I am interested to see what others have to say on this. I agree with you on installing the main breaker in a separate enclosure. This is what we recommend on all new installations. On existing equipment like you describe, I think it depends on the IE on the load side of the main breaker. If your main breaker will trip fast enough to limit the IE to a Category 0 (default working distance), I don't think that arc will be big enough to damage the upstream breaker. If its a Category 1 or above, I would consider if the main breaker is within the arc flash boundary or if an arc can travel along an un-insulated bus or cable to the main breaker.

Just a thought.. But wouldn't the average bus way on a typical MCC disperse any shrapnel, heat, etc. better than a series of 1/2" conduit nipples?
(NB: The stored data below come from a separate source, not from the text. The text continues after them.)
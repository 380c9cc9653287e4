-- ===== src/Peers/Connect.antt =====
-- The table of peers when it grows for a new client.
use qemu_ntb_switch.Prelude.{ℕ, ◌<◌, ◌≡◌, arith, ltb, if◌then◌else◌}
use qemu_ntb_switch.Device.{World, allocated, Ensures}
use qemu_ntb_switch.Notify.Safety.{peer_at}
use qemu_ntb_switch.Peers.{resize_peers, grow_peers}

-- When the table of peers grows, the peers that it had stay as they were and every new one has
-- no notifier yet and room for the device's vectors.
pub resize_peers-peer_at :
    (nb i : ℕ) (w : World)
    → w.dev.nb_peers < nb
    → Ensures (resize_peers nb w) (λ _ w'.
      (w'.dev.nb_peers ≡ nb)
      × (peer_at w'.dev i ≡ (
          if ltb i w.dev.nb_peers
          then peer_at w.dev i
          else if ltb i nb
          then record { nb_eventfds = 0; eventfds = allocated w.dev.vectors }
          else peer_at w.dev i)))
unfolding resize_peers grow_peers
resize_peers-peer_at nb i w lt = ground arith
The bus bars are usually in a larger space (top, bottom or back) and shouldn't the forces should be disipated in that space??...

This issue is another variation on the same one with regards to whether or not enclosures themselves provide any significant protection...in other words, is there any additional protection offered when performing some function on non-arc resistant gear with the doors closed. The answer is of course yes. However, the problem is that there is no design data to determine what the result is.

In a similar way, there is broad agreement that the arc flash boundary is not a hard and fast rule. Being on the other side of a cinder block wall may provide significant protection. However again, no design data is available yet.

As to the references to heat and/or arcs travelling down a wire. It is well known that especially at higher voltages plasma is magnetically propelled along a pair of conductors like a rail gun. However quantifying this is not so easy.

Heat is also likely to travel quite far. However, it depends on the thermal conductivity (in a dynamic sense) of the conductor, since in this case there is not a whole lot of time for the thermal energy to travel. Funny thing about high temperature thermodynamics by the way...radiative thermal transfer is roughly 10 times more efficient than conduction or convection. It's the reason that heat shields around cement kilns and the like are usually nothing more than 1 or 2 sheets of corrogated roofing with 1" spaceers (unistrut) in between. I''d venture to say that so long as the adjoining walls of the enclosures don't rupture, unless the heat is transferring by convection (hot gases expanding throughout the area), the adjacent enclosure is probably fine.

But again, this is just my engineering "gut reaction" talking. I have no test data to back up this claim other than looking at the charred remains of equipment in the past.